顾怜安摇摇头:“退不了,请帖都发了,若是退了,让左相之女如何做人?”
沈弈有些恼怒的说:“你总是替他人着想,那你成了这个亲,你要一生不幸福吗?”
顾怜安低声一笑,眼睛有些失神:“我的幸福本来就穷其一生也得不到,与成不成亲无关。”
沈弈一愣,气急败坏的说:“好,你既替他人着想,那你就想想,她原本可以有一个爱她的郎君,可是你娶了她,却不能给她爱,那她的幸福呢?”
顾怜安这次完全愣住,再也说不出话。
“我大后天离京,不会去参加你的婚礼,你要知道,若是你因我而误了自己与他人的一生,那内疚的人便是我,我言尽至此,你好好想想!”沈弈说着拂袖而去,留下顾怜安一人在其后愣愣的看着他的背影不知所想。
☆、出游偷溜
沈弈自离开国师府后,并未再去找顾怜安,只在府中与苏寒之确定了下要重点造访的几个省城,以及此次的行程路线,却在出发的前一日,也就是顾怜安原定大婚的前夜收到一张致歉函,沈弈只看了一眼便露出了笑容,苏寒之淡淡的看着婚礼取消的通知,眼神有片刻闪烁,未发一言。

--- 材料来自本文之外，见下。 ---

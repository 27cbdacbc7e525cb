-- ===== src/Handshake/Traffic/Setup.antt =====
-- The set-up of the device keeps to the calls that are allowed.
use oukitel_rt7_linux.Prelude.{
  ℕ, inl, inr, refl, Bool, true, false, [], ◌∷◌, Result, ok, err, nat_eq, Bool-cases,
}
use oukitel_rt7_linux.Prelude.Exec.{Keeps, Keeps-pure, Keeps-raise, Keeps-bind, Keeps-attempt}
use oukitel_rt7_linux.Python.Text.{Text, text, has_infix}
use oukitel_rt7_linux.Python.Bytes.{Bytes}
use oukitel_rt7_linux.Handshake.Usb.{
  Usb, Exception, Device, Configuration, usb_error, not_implemented,
}
use oukitel_rt7_linux.Handshake.Probe.{
  line_coding, get_active, or_configure, prepare_configuration, print_summary, detach_if,
  release_driver, ignore_usb, claim_interface, print_control, send_control, configure_cdc,
}
use oukitel_rt7_linux.Handshake.Traffic.{IsCdc, OnlyProbes, call-OnlyProbes, print-OnlyProbes}

module _ (usb : Usb) where
  ruleset rules = (Keeps-pure, Keeps-raise, Keeps-bind, Keeps-attempt, print-OnlyProbes)

  pub get_active-OnlyProbes : (device : Device) → Keeps (OnlyProbes usb) (get_active usb device)
  unfolding get_active
  get_active-OnlyProbes device = call-OnlyProbes usb _ _ tt

  pub or_configure-OnlyProbes :
      (device : Device) (r : Result Exception Configuration)
      → Keeps (OnlyProbes usb) (or_configure usb device r)
  or_configure-OnlyProbes device (ok c) = search rules
  or_configure-OnlyProbes device (err (usb_error message)) =
      elim (Bool-cases (has_infix (text "Configuration not set") message)) [
        | inl e ↦ rw e (
            Keeps-bind (OnlyProbes usb) _ _ (call-OnlyProbes usb _ _ tt)
              (λ _. get_active-OnlyProbes device))
        | inr e ↦ rw e (search rules)
      ]
  or_configure-OnlyProbes device (err _) = search rules

  pub prepare_configuration-OnlyProbes :
      (device : Device) → Keeps (OnlyProbes usb) (prepare_configuration usb device)
  unfolding prepare_configuration
  prepare_configuration-OnlyProbes device =
      search (rules, get_active-OnlyProbes, or_configure-OnlyProbes)

  pub print_summary-OnlyProbes :
      (configuration : Configuration) → Keeps (OnlyProbes usb) (print_summary usb configuration)
  unfolding print_summary
  print_summary-OnlyProbes [] = search rules
  print_summary-OnlyProbes (interface ∷ rest) =
      let more = print_summary-OnlyProbes rest in search rules

  pub detach_if-OnlyProbes :
      (device : Device) (number : ℕ) (active : Bool)
      → Keeps (OnlyProbes usb) (detach_if usb device number active)
  detach_if-OnlyProbes device number true = call-OnlyProbes usb _ _ tt
  detach_if-OnlyProbes device number false = search rules

  pub release_driver-OnlyProbes :
      (device : Device) (number : ℕ) → Keeps (OnlyProbes usb) (release_driver usb device number)
  unfolding release_driver
  release_driver-OnlyProbes device number =
      Keeps-bind (OnlyProbes usb) _ _ (call-OnlyProbes usb _ _ tt)
        (detach_if-OnlyProbes device number)

  pub ignore_usb-OnlyProbes :
      (r : Result Exception (Unit {0})) → Keeps (OnlyProbes usb) (ignore_usb usb r)
  ignore_usb-OnlyProbes (ok u) = search rules
  ignore_usb-OnlyProbes (err (usb_error message)) = search rules
  ignore_usb-OnlyProbes (err not_implemented) = search rules
  ignore_usb-OnlyProbes (err _) = search rules

  pub claim_interface-OnlyProbes :
      (device : Device) (number : ℕ) → Keeps (OnlyProbes usb) (claim_interface usb device number)
  unfolding claim_interface
  claim_interface-OnlyProbes device number =
      Keeps-bind (OnlyProbes usb) _ _
        (Keeps-attempt (OnlyProbes usb) _ (release_driver-OnlyProbes device number))
        λ r.
          Keeps-bind (OnlyProbes usb) _ _ (ignore_usb-OnlyProbes r)
            (λ _. call-OnlyProbes usb _ _ tt)

  pub print_control-OnlyProbes :
      (label : Text) (r : Result Exception ℕ) → Keeps (OnlyProbes usb) (print_control usb label r)
  print_control-OnlyProbes label (ok sent) = search rules
  print_control-OnlyProbes label (err (usb_error message)) = search rules
  print_control-OnlyProbes label (err _) = search rules

  pub send_control-OnlyProbes :
      (device : Device) (label : Text) (request value : ℕ) (payload : Bytes)
      → IsCdc 0x21 request value 0 payload
      → Keeps (OnlyProbes usb) (send_control usb device label request value payload)
  unfolding send_control
  send_control-OnlyProbes device label request value payload h =
      Keeps-bind (OnlyProbes usb) _ _ (Keeps-attempt (OnlyProbes usb) _ (call-OnlyProbes usb _ _ h))
        (print_control-OnlyProbes label)

  pub configure_cdc-OnlyProbes :
      (device : Device) → Keeps (OnlyProbes usb) (configure_cdc usb device)
  unfolding configure_cdc
  configure_cdc-OnlyProbes device =
      Keeps-bind (OnlyProbes usb) _ _
        (send_control-OnlyProbes device (text "SET_LINE_CODING") 0x20 0 line_coding
          (refl, refl, inl (refl, refl, refl)))
        λ _.
          send_control-OnlyProbes device (text "SET_CONTROL_LINE_STATE") 0x01 2 []
            (refl, refl, inr (refl, refl, refl))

不管这消息会在经常激起多大的波浪,沈弈却是终于松了一口气,愉快的同苏寒之一起上路。两人此次的名义是代表朝廷去各省城巡视,皇帝特意派了数十名护卫跟随,队伍也比之前预想的庞大,以至于沈弈初初看见时,颇郁闷了一番。
四月的天气,正是春暖花开的好时候,沿途的河边,黄色的迎春花开满河岸,从高高的堤上垂向朝东的流水,与岸边的垂柳相映,在微风的吹拂下,像极了飘动的锦帘,沈弈从车内向外望着,不由想起了苏寒之当日的那首诗,嘴角不由上扬,若是现下能醉卧花间,不知是何等的惬意,又望了望窗外紧密随行的队伍,“唰”的一声放下窗帘。
“你这是做什么?一会笑一会气,比那变脸的还快。”苏寒之坐在对面,好整以暇的看着沈弈说道。
沈弈眸光一闪:“寒之,不如我们逃了如何?”
苏寒之不解:“逃?”
沈弈一声痞笑,斜眼望着窗外那些面无表情的侍卫:“就是把他们甩了。”
苏寒之一愣:“别开玩笑了,他们是皇上派来的侍卫,怎能随意撇下?”
沈弈忽然凑近苏寒之坐到他身旁,掀起帘子一角,轻声说:“你不觉的这些呆头鹅很刹风景吗?而且因为有他们,我们都有三日未同床共枕了。”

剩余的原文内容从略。